--- What is expected ---
Look through the records, and whenever a line includes the word "cases", copy it.

--- Listed records ---
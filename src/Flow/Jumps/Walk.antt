-- ===== src/Flow/Jumps/Walk.antt =====
-- What `find_jump_dest` of aderyn_core/src/context/flow/utils.rs looks for: the end of a loop that a walk
-- reaches, which passes over each statement that starts on its way.
use aderyn.Prelude.{
  some_inj, ℕ, ◌+◌, true, Option, none, some, List, [], ◌∷◌, ◌≡◌, refl, sym, ap, ◌∙◌, arith, ◌==◌,
  Bool-cases, inl, inr, contains, length, ==_iff, All, All-map, ◌>>=◌, ◌⊎◌, subst, Option-cases,
}
use aderyn.Prelude.Assoc.{lookup}
use aderyn.Flow.Node.{
  CfgNode, CfgNodeDescriptor, start_node, end_node, end_while_cond, end_do_while_cond,
  end_for_loop_exp,
}
use aderyn.Flow.Cfg.{Cfg, has_node, raw_successors}
use aderyn.Flow.Cfg.Edges.{edge}
use aderyn.Flow.Reduce.Invariant.{IsReducing, node_at}
use aderyn.Prelude.Leads.{Leads, here, step, Leads-append}
use aderyn.Flow.Jumps.{
  JumpDestination, for_loop, while_loop, do_while_loop, loop_of, jump_children, find_jump_dest,
}
use aderyn.Flow.Jumps.Find.{
  hop, ends_at, IsSearchable, find_jump_dest-HopFound, hop-children, ends_at-loop, HopFound,
  hop-loop, ends_at-none, a_loop, no_loop,
}

-- what a node is on a walk
pub data Role : Type 0 where
  begins ends_while ends_do_while ends_for passes : Role

abbrev pub role : CfgNodeDescriptor → Role
role (start_node n) = begins
role (end_node end_while_cond) = ends_while
role (end_node end_do_while_cond) = ends_do_while
role (end_node end_for_loop_exp) = ends_for
role _ = passes

abbrev loop_by : Cfg → ℕ → Role → Option (Option JumpDestination)
loop_by g k ends_while = lookup k g.cond_start_pairs >>= λ l. some (some (while_loop l))
loop_by g k ends_do_while = lookup k g.cond_start_pairs >>= λ l. some (some (do_while_loop l))
loop_by g k ends_for = lookup k g.loop_expr_start >>= λ l. some (some (for_loop l))
loop_by g k _ = some none

loop_of-role : (g : Cfg) (k : ℕ) (nd : CfgNodeDescriptor) → loop_of g k nd ≡ loop_by g k (role nd)
loop_of-role g k (start_node n) = refl
loop_of-role g k (end_node end_while_cond) = refl
loop_of-role g k (end_node end_do_while_cond) = refl
loop_of-role g k (end_node end_for_loop_exp) = refl
loop_of-role g k (end_node _) = refl
loop_of-role g k _ = refl

children_by : Cfg → ℕ → Role → Option (List ℕ)
children_by g k begins = lookup k g.start_end_pairs >>= λ e. some (e ∷ [])
children_by g k _ = some (raw_successors g k)

jump_children-role :
    (g : Cfg) (k : ℕ) (nd : CfgNodeDescriptor) → jump_children g k nd ≡ children_by g k (role nd)
unfolding children_by
jump_children-role g k (start_node n) = refl
jump_children-role g k (end_node end_while_cond) = refl
jump_children-role g k (end_node end_do_while_cond) = refl
jump_children-role g k (end_node end_for_loop_exp) = refl
jump_children-role g k (end_node _) = refl
jump_children-role g k _ = refl

abbrev pub Stands : Cfg → ℕ → Role → Type 0
Stands g k r = (node : CfgNode) × (node_at g k ≡ some node) × (role node.nd ≡ r)

-- The end of the condition of a `while` or `do while`, or of the update of a `for`, ends that loop.
pub data Ends (g : Cfg) (k : ℕ) : JumpDestination → Type 0 where
  a_while :
      {l : ℕ}
      → Stands g k ends_while
      → lookup k g.cond_start_pairs ≡ some l
      → Ends g k (while_loop l)
  a_do_while :
      {l : ℕ}
      → Stands g k ends_do_while
      → lookup k g.cond_start_pairs ≡ some l
      → Ends g k (do_while_loop l)
  a_for :
      {l : ℕ} → Stands g k ends_for → lookup k g.loop_expr_start ≡ some l → Ends g k (for_loop l)

-- from a start to its end, and from any other node that ends no loop along the edges
pub data Step (g : Cfg) : ℕ → ℕ → Type 0 where
  past : {a b : ℕ} → Stands g a begins → lookup a g.start_end_pairs ≡ some b → Step g a b
  along : {a b : ℕ} → Stands g a passes → edge g a b ≡ true → Step g a b

pub data Walk (g : Cfg) (c : ℕ) : ℕ → Type 0 where
  start : Walk g c c
  further : {a b : ℕ} → Walk g c a → Step g a b → Walk g c b

-- the entries in the lookup maps that the search expects of a node
abbrev pub Filled : Cfg → ℕ → Role → Type 0
Filled g k begins = (e : ℕ) × (lookup k g.start_end_pairs ≡ some e) × (has_node g e ≡ true)
Filled g k ends_while = (l : ℕ) × (lookup k g.cond_start_pairs ≡ some l)
Filled g k ends_do_while = (l : ℕ) × (lookup k g.cond_start_pairs ≡ some l)
Filled g k ends_for = (l : ℕ) × (lookup k g.loop_expr_start ≡ some l)
Filled g k passes = Unit

All-of {κ} : (P : ℕ → Type κ) (xs : List ℕ) → ((b : ℕ) → contains xs b ≡ true → P b) → All P xs
All-of P [] f = tt
All-of P (x ∷ xs) f = (f x (ground arith), All-of P xs (λ b h. f b (ground (arith, h))))

All-at {κ} : (P : ℕ → Type κ) (xs : List ℕ) (b : ℕ) → All P xs → contains xs b ≡ true → P b
All-at P [] b h e = cc
All-at P (x ∷ xs) b (p, h) e = elim (Bool-cases (x == b)) [
  | inl same ↦ subst P ((==_iff x b).0 same) p
  | inr other ↦ All-at P xs b h (ground (arith, other, e))
]

module _ (g : Cfg) (i : IsReducing g) where
  own :
      (k : ℕ) (node : CfgNode)
      → node_at g k ≡ some node
      → node_at g k ≡ some (record { id = k; nd = node.nd })
  own k node at = at ∙ ap (λ j. some (record { id = j; nd = node.nd })) (i.own_ids k node at)

  Step-hop : {a b : ℕ} → Step g a b → hop g a b ≡ true
  Step-hop {a} {b} (past (node, at, r) e) =
      hop-children g a node.nd (own a node at) (b ∷ [])
        (loop_of-role g a node.nd ∙ ap (loop_by g a) r)
        (jump_children-role g a node.nd ∙ ap (children_by g a) r ∙ unfold children_by in rw e refl)
        b
      ∙ ground arith
  Step-hop {a} {b} (along (node, at, r) e) =
      hop-children g a node.nd (own a node at) (raw_successors g a)
        (loop_of-role g a node.nd ∙ ap (loop_by g a) r)
        (jump_children-role g a node.nd ∙ ap (children_by g a) r ∙ unfold children_by in refl) b
      ∙ e

  loop_at-role :
      (k : ℕ) (node : CfgNode) (r : Role) (d : JumpDestination)
      → node_at g k ≡ some node
      → role node.nd ≡ r
      → loop_by g k r ≡ some (some d)
      → ends_at g k ≡ some d
  loop_at-role k node r d at e h =
      ends_at-loop g k node.nd (own k node at) d (loop_of-role g k node.nd ∙ ap (loop_by g k) e ∙ h)

  Ends-ends_at : (k : ℕ) (d : JumpDestination) → Ends g k d → ends_at g k ≡ some d
  Ends-ends_at k d (a_while (node, at, r) e) = loop_at-role k node ends_while d at r (rw e refl)
  Ends-ends_at k d (a_do_while (node, at, r) e) =
      loop_at-role k node ends_do_while d at r (rw e refl)
  Ends-ends_at k d (a_for (node, at, r) e) = loop_at-role k node ends_for d at r (rw e refl)

  -- the nodes of a search from `c`
  abbrev Reached : ℕ → ℕ → Type 0
  Reached c k = Walk g c k × (has_node g k ≡ true)

  abbrev WalkFilled : ℕ → Type 0
  WalkFilled c =
      (k : ℕ) → Walk g c k → (node : CfgNode) → node_at g k ≡ some node → Filled g k (role node.nd)

  -- a node that the search reaches: what it ends, or what it leads to
  record View (c k : ℕ) : Type 0 where
    node : CfgNode
    at : node_at g k ≡ some node
    own_id : node.id ≡ k
    turns :
        ((d : JumpDestination) × Ends g k d × (loop_of g k node.nd ≡ some (some d)))
        ⊎ ((loop_of g k node.nd ≡ some none)
            × (cs : List ℕ) × (jump_children g k node.nd ≡ some cs)
            × All (λ b. Step g k b × Reached c b) cs)

  view : (c : ℕ) → WalkFilled c → (k : ℕ) → Reached c k → View c k
  view c filled k (w, there) = elim (Option-cases (node_at g k)) [
    | inl gone ↦ absurd (ground (arith, gone, there))
    | inr (node, at) ↦ record {
      node = node;
      at = at;
      own_id = i.own_ids k node at;
      turns = by_role node at (role node.nd) refl (filled k w node at);
    }
  ]
    where
      by_role :
          (node : CfgNode)
          → node_at g k ≡ some node
          → (r : Role) → role node.nd ≡ r
          → Filled g k r
          → ((d : JumpDestination) × Ends g k d × (loop_of g k node.nd ≡ some (some d)))
            ⊎ ((loop_of g k node.nd ≡ some none)
                × (cs : List ℕ) × (jump_children g k node.nd ≡ some cs)
                × All (λ b. Step g k b × Reached c b) cs)
      by_role node at begins e (b, l, held) = inr (
        loop_of-role g k node.nd ∙ ap (loop_by g k) e,
        b ∷ [],
        jump_children-role g k node.nd ∙ ap (children_by g k) e ∙ unfold children_by in rw l refl,
        ((past (node, at, e) l, (further w (past (node, at, e) l), held)), tt),
      )
      by_role node at passes e f = inr (
        loop_of-role g k node.nd ∙ ap (loop_by g k) e,
        raw_successors g k,
        jump_children-role g k node.nd ∙ ap (children_by g k) e ∙ unfold children_by in refl,
        All-of (λ b. Step g k b × Reached c b) (raw_successors g k)
            (λ b h.
              (along (node, at, e) h, (further w (along (node, at, e) h), (i.attached k b h).1))),
      )
      by_role node at ends_while e (l, h) = inl (
        while_loop l,
        a_while (node, at, e) h,
        loop_of-role g k node.nd ∙ ap (loop_by g k) e ∙ rw h refl,
      )
      by_role node at ends_do_while e (l, h) = inl (
        do_while_loop l,
        a_do_while (node, at, e) h,
        loop_of-role g k node.nd ∙ ap (loop_by g k) e ∙ rw h refl,
      )
      by_role node at ends_for e (l, h) = inl (
        for_loop l,
        a_for (node, at, e) h,
        loop_of-role g k node.nd ∙ ap (loop_by g k) e ∙ rw h refl,
      )

  searchable : (c : ℕ) → WalkFilled c → IsSearchable g (Reached c)
  searchable c filled k s =
      let v = view c filled k s in
      (
        v.node,
        v.at,
        v.own_id,
        elim v.turns [
          | inl (d, ends, e) ↦ inl (d, e)
          | inr (e, cs, e', all) ↦ inr (e, cs, e', All-map (λ b p. p.1) cs all)
        ],
      )

  hop-Step :
      (c : ℕ) → WalkFilled c → (k b : ℕ) → Reached c k → hop g k b ≡ true → Step g k b × Reached c b
  hop-Step c filled k b s h =
      let v = view c filled k s in
      elim v.turns [
        | inl (d, ends, e) ↦ cc (h, hop-loop g k v.node.nd (own k v.node v.at) d e b)
        | inr (e, cs, e', all) ↦
            All-at (λ b. Step g k b × Reached c b) cs b all
              (sym (hop-children g k v.node.nd (own k v.node v.at) cs e e' b) ∙ h)
      ]

  ends_at-Ends :
      (c : ℕ)
      → WalkFilled c
      → (k : ℕ) (d : JumpDestination) → Reached c k
      → ends_at g k ≡ some d
      → Ends g k d
  ends_at-Ends c filled k d s h =
      let v = view c filled k s in
      elim v.turns [
        | inl (d', ends, e) ↦
            subst (Ends g k)
              (some_inj (sym (ends_at-loop g k v.node.nd (own k v.node v.at) d' e) ∙ h)) ends
        | inr (e, cs, e', all) ↦ cc (h, ends_at-none g k v.node.nd (own k v.node v.at) e)
      ]

  Walk-Leads : (c k : ℕ) → Walk g c k → Leads (hop g) c k
  Walk-Leads c k start = here
  Walk-Leads c k (further {a} w s) = Leads-append (Walk-Leads c a w) (step (Step-hop s) here)

  Leads-Reached : (c : ℕ) → WalkFilled c → {a k : ℕ} → Reached c a → Leads (hop g) a k → Reached c k
  Leads-Reached c filled s here = s
  Leads-Reached c filled s (step {a} {b} h p) =
      Leads-Reached c filled (hop-Step c filled a b s h).1 p

-- What the search from `c` gives: a loop whose end a walk reaches, or nothing where no walk reaches the end
-- of a loop.
pub data JumpFound (g : Cfg) (c : ℕ) : Option JumpDestination → Type 0 where
  found : {d : JumpDestination} {k : ℕ} → Walk g c k → Ends g k d → JumpFound g c (some d)
  outside : ((k : ℕ) (d : JumpDestination) → Walk g c k → Ends g k d → ⊥) → JumpFound g c none

-- In a graph that satisfies the invariant of the reduction, from one of its nodes `c`, where each node that a
-- walk from `c` reaches has its entry in the lookup maps (the end of a start, the loop of the end of a loop's
-- condition or update), and with one more fuel than there are nodes: `find_jump_dest` returns. It gives a
-- loop of the kind that the node ends which a walk reaches, or nothing if no walk reaches the end of a loop.
pub find_jump_dest-JumpFound :
    (g : Cfg) (c : ℕ)
    → IsReducing g
    → has_node g c ≡ true
    → ((k : ℕ)
        → Walk g c k
        → (node : CfgNode) → node_at g k ≡ some node
        → Filled g k (role node.nd))
    → (r : Option JumpDestination) × (v : List ℕ) × (find_jump_dest g (length g.nodes + 1) c []
        ≡ some (r, v))
      × JumpFound g c r
find_jump_dest-JumpFound g c i there filled =
    let (r, v, run, f) =
      find_jump_dest-HopFound g (Reached g i c) (searchable g i c filled) c (start, there) in
    (r, v, run, by_hops r f)
  where
    by_hops : (r : Option JumpDestination) → HopFound g c r → JumpFound g c r
    by_hops r (a_loop d k p e) =
        let s = Leads-Reached g i c filled (start, there) p in
        found s.0 (ends_at-Ends g i c filled k d s e)
    by_hops r (no_loop f) =
        outside (λ k d w e. cc (f k (Walk-Leads g i c k w), Ends-ends_at g i k d e))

--- Worked solution ---
  Bool-cases, inl, inr, contains, length, ==_iff, All, All-map, ◌>>=◌, ◌⊎◌, subst, Option-cases,
All-at P (x ∷ xs) b (p, h) e = elim (Bool-cases (x == b)) [
  view c filled k (w, there) = elim (Option-cases (node_at g k)) [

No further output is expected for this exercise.